Listen to this story
In November last year, AIM predicted that GPT-4 is going to arrive soon. Among several questions about the huge size and probably 100 trillion number of parameters, the possibility of it being multimodal was one of the predictions. It is now increasingly looking like it might be true with the recent releases and rumours.
Firstly, multimodal systems have been a developing paradigm in the world of AI through which a single system would consist of capabilities to accept input and produce output through various data types such as text, speech, and image, or videos.
Big-tech Leading the Way
Microsoft recently released Kosmos-1 in their research paper, ‘Language is Not All You Need: Aligning Perception with Language Models’, which is a multimodal large language model (MLLM). The paper highlights the importance of integrating language, action, and multimodal perception for taking another step towards AGI. This hints that the company is already fine-tuning multimodality with OpenAI’s GPT-4.
For instance, the number of parameters of Kosmos-1 is only 1.6 billion during training. Even then, the model performs brilliantly. What if GPT-4 might be smaller than we think or just a collection of models that make up for the size?
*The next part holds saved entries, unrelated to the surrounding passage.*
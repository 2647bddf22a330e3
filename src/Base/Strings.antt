-- ===== src/Base/Strings.antt =====
-- Go strings: sequences of bytes, compared, searched and cut as package strings does it.
use Prim.Native.Nat.{ℕ}
use Prim.Native.Char.{code}
use Prim.Native.String.{String}
use mathlib.Core.Path.{◌≡◌, refl}
use mathlib.Core.Bool.{Bool, true, false, ◌&&◌, ◌||◌}
use mathlib.Core.Logic.{◌↔◌}
use mathlib.Core.Option.{Option, none, some}
use mathlib.Core.List.{List, [], ◌∷◌, ◌++◌, reverse}
use native.Mathlib.Omega.{arith}
use temenos.Base.Tests.{◌==◌, leb, if◌then◌else◌}

abbrev pub Bytes : Type 0
Bytes = List ℕ

-- The code points of a text, which are its bytes where the text is ASCII.
abbrev pub codes : String → Bytes
codes String.[] = []
codes (String.◌∷◌ c s) = code c ∷ codes s

unfoldable pub bytes_eq : Bytes → Bytes → Bool
bytes_eq [] [] = true
bytes_eq (a ∷ s) (b ∷ t) = a == b && bytes_eq s t
bytes_eq _ _ = false

pub bytes_eq_refl : (s : Bytes) → bytes_eq s s ≡ true
unfolding bytes_eq
bytes_eq_refl [] = refl
bytes_eq_refl (a ∷ s) = ground (arith, bytes_eq_refl s)

bytes_eq→eq : (s t : Bytes) → bytes_eq s t ≡ true → s ≡ t
unfolding bytes_eq
bytes_eq→eq [] [] h = refl
bytes_eq→eq [] (b ∷ t) h = cc
bytes_eq→eq (a ∷ s) [] h = cc
bytes_eq→eq (a ∷ s) (b ∷ t) h = ground (arith, bytes_eq→eq s t)

pub bytes_eq_iff : (s t : Bytes) → (bytes_eq s t ≡ true) ↔ (s ≡ t)
bytes_eq_iff s t = (bytes_eq→eq s t, λ e. rw e (bytes_eq_refl t))

-- `s == ""`
abbrev pub is_empty : Bytes → Bool
is_empty [] = true
is_empty (_ ∷ _) = false

-- `strings.HasPrefix(s, p)`, the prefix first.
unfoldable pub has_prefix : Bytes → Bytes → Bool
has_prefix [] s = true
has_prefix (a ∷ p) [] = false
has_prefix (a ∷ p) (b ∷ s) = a == b && has_prefix p s

-- `strings.CutPrefix`: the rest behind the prefix, if it is one.
unfoldable pub cut_prefix : Bytes → Bytes → Option Bytes
cut_prefix [] s = some s
cut_prefix (a ∷ p) [] = none
cut_prefix (a ∷ p) (b ∷ s) = if a == b then cut_prefix p s else none

-- `strings.HasSuffix(s, p)`, the suffix first.
unfoldable pub has_suffix : Bytes → Bytes → Bool
unfolding bytes_eq
has_suffix p [] = bytes_eq p []
has_suffix p (a ∷ s) = bytes_eq p (a ∷ s) || has_suffix p s

-- `strings.TrimSuffix(s, p)`, the suffix first.
unfoldable pub trim_suffix : Bytes → Bytes → Bytes
unfolding bytes_eq
trim_suffix p [] = []
trim_suffix p (a ∷ s) = let rest = trim_suffix p s in if bytes_eq p (a ∷ s) then [] else a ∷ rest

-- `strings.Contains(s, p)`, the part first.
unfoldable pub contains : Bytes → Bytes → Bool
unfolding has_prefix
contains p [] = has_prefix p []
contains p (a ∷ s) = has_prefix p (a ∷ s) || contains p s

-- Puts a byte in front of the first part.
abbrev pub grow_first : ℕ → List Bytes → List Bytes
grow_first a [] = (a ∷ []) ∷ []
grow_first a (p ∷ ps) = (a ∷ p) ∷ ps

-- `strings.Split(s, string(sep))` for a separator of one byte.
unfoldable pub split_on : ℕ → Bytes → List Bytes
split_on sep [] = [] ∷ []
split_on sep (a ∷ s) =
    let parts = split_on sep s in if a == sep then [] ∷ parts else grow_first a parts

-- `strings.Join(parts, string(sep))` for a separator of one byte.
unfoldable pub join : ℕ → List Bytes → Bytes
join sep [] = []
join sep (p ∷ []) = p
join sep (p ∷ q ∷ ps) = p ++ sep ∷ join sep (q ∷ ps)

-- White space (`unicode.IsSpace`), by its encoding in UTF-8: of one, two and three bytes.
unfoldable pub is_space : ℕ → Bool
is_space c = c == 32 || (leb 9 c && leb c 13)

unfoldable is_space2 : ℕ → ℕ → Bool
is_space2 a b = a == 194 && (b == 133 || b == 160)

unfoldable is_space3 : ℕ → ℕ → ℕ → Bool
is_space3 a b c =
    (a == 225 && b == 154 && c == 128)
    || (a == 226 && b == 128 && ((leb 128 c && leb c 138) || c == 168 || c == 169 || c == 175))
    || (a == 226 && b == 129 && c == 159)
    || (a == 227 && b == 128 && c == 128)

-- Without the white space in front, by tests of the encodings of two and three bytes.
unfoldable trim_front : (ℕ → ℕ → Bool) → (ℕ → ℕ → ℕ → Bool) → Bytes → Bytes
unfolding is_space
trim_front two three [] = []
trim_front two three (a ∷ []) = if is_space a then [] else a ∷ []
trim_front two three (a ∷ b ∷ []) = elim (is_space a) [
  | true ↦ trim_front two three (b ∷ [])
  | false ↦ if two a b then [] else a ∷ b ∷ []
]
trim_front two three (a ∷ b ∷ c ∷ s) = elim (is_space a) [
  | true ↦ trim_front two three (b ∷ c ∷ s)
  | false ↦ elim (two a b) [
    | true ↦ trim_front two three (c ∷ s)
    | false ↦ elim (three a b c) [ true ↦ trim_front two three s | false ↦ a ∷ b ∷ c ∷ s ]
  ]
]

-- `strings.TrimSpace`; from behind, the encodings are read backwards.
unfoldable pub trim_space : Bytes → Bytes
unfolding trim_front is_space2 is_space3
trim_space s =
    let rest = trim_front is_space2 is_space3 s in
    reverse (trim_front (λ a b. is_space2 b a) (λ a b c. is_space3 c b a) (reverse rest))

-- Membership in a set of strings (a Go `map[string]bool`).
unfoldable pub elem : Bytes → List Bytes → Bool
unfolding bytes_eq
elem s [] = false
elem s (t ∷ ts) = bytes_eq t s || elem s ts

pub elem-append : (s : Bytes) (xs ys : List Bytes) → elem s (xs ++ ys) ≡ (elem s xs || elem s ys)
unfolding elem
elem-append s [] ys = refl
elem-append s (x ∷ xs) ys = ground (arith, elem-append s xs ys)
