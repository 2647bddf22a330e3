-- ===== src/Auth.antt =====
-- internal/auth: review of service account tokens, and the cache in front of it.
-- A time is a number of nanoseconds.
pub mod Fresh
pub mod Review
pub mod Uses
use temenos.Base.{
  ℕ, ◌+◌, Bool, true, false, not, ◌&&◌, ◌||◌, Option, none, some, List, [], ◌∷◌, ◌++◌,
  if◌then◌else◌, ltb, leb, Bytes, codes, bytes_eq, is_empty, trim_space, Result, ok, err,
}
use temenos.Base.Assoc.{lookup, insert, delete}

pub data AuthError : Type 0 where
  no_ca no_certificates no_sa_token empty_sa_token no_request bad_request unreachable : AuthError
  bad_reply not_authenticated no_username : AuthError
  bad_status : ℕ → AuthError

-- `tokenReviewResponse`, as far as it is used.
pub record ReviewStatus : Type 0 where
  pub authenticated : Bool
  pub username : Bytes

-- `tokenReviewRequest`
pub record ReviewRequest : Type 0 where
  pub api_version : Bytes
  pub kind : Bytes
  pub token : Bytes
  pub audiences : List Bytes

-- The request that `ValidateToken` builds.
unfoldable pub review_of : Bytes → ReviewRequest
review_of token = record {
  api_version = codes "authentication.k8s.io/v1";
  kind = codes "TokenReview";
  token = token;
  audiences = [];
}

pub record HttpReply : Type 0 where
  pub status : ℕ
  pub body : Bytes

-- What lies outside: the mounted files, the certificate parser, the HTTP client and the JSON
-- encoder and decoder. `post` takes the URL, the bearer token and the body.
pub record Cluster : Type 0 where
  pub ca_file : Option Bytes
  pub has_certificates : Bytes → Bool
  pub token_file : Option Bytes
  pub is_url : Bytes → Bool
  pub post : Bytes → Bytes → Bytes → Option HttpReply
  pub encode_request : ReviewRequest → Option Bytes
  pub decode_review : Bytes → Option ReviewStatus

unfoldable pub token_review_path : Bytes
token_review_path = codes "/apis/authentication.k8s.io/v1/tokenreviews"

module _ (cluster : Cluster) where
  -- `initInCluster`: its error, if it has one.
  unfoldable pub init_in_cluster : Option AuthError
  init_in_cluster = elim cluster.ca_file [
    | none ↦ some no_ca
    | some pem ↦ if cluster.has_certificates pem then none else some no_certificates
  ]

  unfoldable pub read_in_cluster_sa_token : Result AuthError Bytes
  unfolding trim_space
  read_in_cluster_sa_token = elim cluster.token_file [
    | none ↦ err no_sa_token
    | some raw ↦
        let token = trim_space raw in if is_empty token then err empty_sa_token else ok token
  ]

  -- From the decoded body on.
  unfoldable pub read_review : Option ReviewStatus → Result AuthError Bytes
  read_review none = err bad_reply
  read_review (some r) =
      if not r.authenticated
      then err not_authenticated
      else if is_empty r.username
      then err no_username
      else ok r.username

  unfoldable pub read_reply : Option HttpReply → Result AuthError Bytes
  unfolding read_review
  read_reply none = err unreachable
  read_reply (some reply) =
      if ltb reply.status 200 || leb 300 reply.status
      then err (bad_status reply.status)
      else read_review (cluster.decode_review reply.body)

  -- From the marshalled request on.
  unfoldable pub posted : Option Bytes → Bytes → Bytes → Result AuthError Bytes
  unfolding read_reply
  posted none url sa_token = err bad_request
  posted (some body) url sa_token =
      if not (cluster.is_url url)
      then err no_request
      else read_reply (cluster.post url sa_token body)

  -- `ValidateToken`
  unfoldable pub validate_token : Bytes → Bytes → Result AuthError Bytes
  unfolding init_in_cluster read_in_cluster_sa_token posted token_review_path review_of
  validate_token token base_url = elim init_in_cluster [
    | some e ↦ err e
    | none ↦ elim read_in_cluster_sa_token [
      | err e ↦ err e
      | ok sa_token ↦
          posted (cluster.encode_request (review_of token)) (base_url ++ token_review_path) sa_token
    ]
  ]

-- The loop of `IsRequiredSA`.
unfoldable pub is_listed : Bytes → List Bytes → Bool
unfolding bytes_eq
is_listed username [] = false
is_listed username (sa ∷ sas) = if bytes_eq username sa then true else is_listed username sas

unfoldable pub is_required_sa : Bytes → List Bytes → Bool
unfolding is_listed
is_required_sa username [] = true
is_required_sa username (sa ∷ sas) = is_listed username (sa ∷ sas)

pub record CacheEntry : Type 0 where
  pub username : Bytes
  pub expires_at : ℕ

pub record TokenCache : Type 0 where
  pub entries : List (Bytes × CacheEntry)
  pub ttl : ℕ

-- `newTokenCache`; the goroutine that it starts is `sweep`.
unfoldable pub new_token_cache : ℕ → TokenCache
new_token_cache ttl = record { entries = []; ttl = ttl }

-- `now.After(entry.expiresAt)`
abbrev pub is_over : ℕ → CacheEntry → Bool
is_over now entry = ltb entry.expires_at now

unfoldable pub drop_over : ℕ → List (Bytes × CacheEntry) → List (Bytes × CacheEntry)
drop_over now [] = []
drop_over now ((token, entry) ∷ entries) =
    if is_over now entry then drop_over now entries else (token, entry) ∷ drop_over now entries

unfoldable pub delete_expired : ℕ → TokenCache → TokenCache
unfolding drop_over
delete_expired now c = record c { entries = drop_over now c.entries }

-- What wakes the sweep: its ticker, or the end of the cache.
pub data Wake : Type 0 where
  tick : ℕ → Wake
  closed : Wake

-- `sweep`, along what wakes it: the cache, and whether the loop has ended.
unfoldable pub sweep : List Wake → TokenCache → TokenCache × Bool
unfolding delete_expired
sweep [] c = (c, false)
sweep (tick now ∷ wakes) c = sweep wakes (delete_expired now c)
sweep (closed ∷ wakes) c = (c, true)

abbrev get_entry : Option CacheEntry → ℕ → Bytes → TokenCache → TokenCache × Option Bytes
get_entry none now token c = (c, none)
get_entry (some entry) now token c =
    if is_over now entry
    then (record c { entries = delete token c.entries }, none)
    else (c, some entry.username)

unfoldable pub get : ℕ → Bytes → TokenCache → TokenCache × Option Bytes
get now token c = get_entry (lookup token c.entries) now token c

unfoldable pub set : ℕ → Bytes → Bytes → TokenCache → TokenCache
set now token username c = record c {
  entries = insert token (record { username = username; expires_at = now + c.ttl }) c.entries;
}

unfoldable pub store :
    ℕ → Bytes → Result AuthError Bytes → TokenCache → TokenCache × Result AuthError Bytes
unfolding set
store now token (err e) c = (c, err e)
store now token (ok username) c = (set now token username c, ok username)

-- `CachedTokenValidator.ValidateToken`: `asked` is the time of the look into the cache, `answered`
-- that of the write. What the underlying validation answers may change with the time.
unfoldable pub cached_validate :
    (ℕ → Bytes → Result AuthError Bytes)
    → ℕ
    → ℕ
    → Bytes
    → TokenCache
    → TokenCache × Result AuthError Bytes
unfolding get set
cached_validate review asked answered token c =
    let (c', found) = get asked token c in
    elim found [
      | some username ↦ (c', ok username)
      | none ↦ store answered token (review answered token) c'
    ]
Along similar lines, Google released ‘PaLM-E’, a single model that has the ability to control different robots in the real-world, while is also equally competent in VQA and captioning tasks. Much like Kosmos-1, this model also integrated multimodal information into a pre-trained large language model (LLM). This was after Google researchers published Multimodal Chain-of-Thought Reasoning in Language Models, which was built for generating intermediate reasoning chains using language and vision with under one billion parameters.
Though not exactly called an MLLM, Meta’s LLaMA, when compared to GPT-3, has less number of parameters (65 billion) but outperforms it on several tasks. This resembles the idea of multimodal systems, which essentially consists of multiple small models. Who knows Meta might soon release something similar to Google and Microsoft. The company has been talking about the importance of multimodal systems since March last year.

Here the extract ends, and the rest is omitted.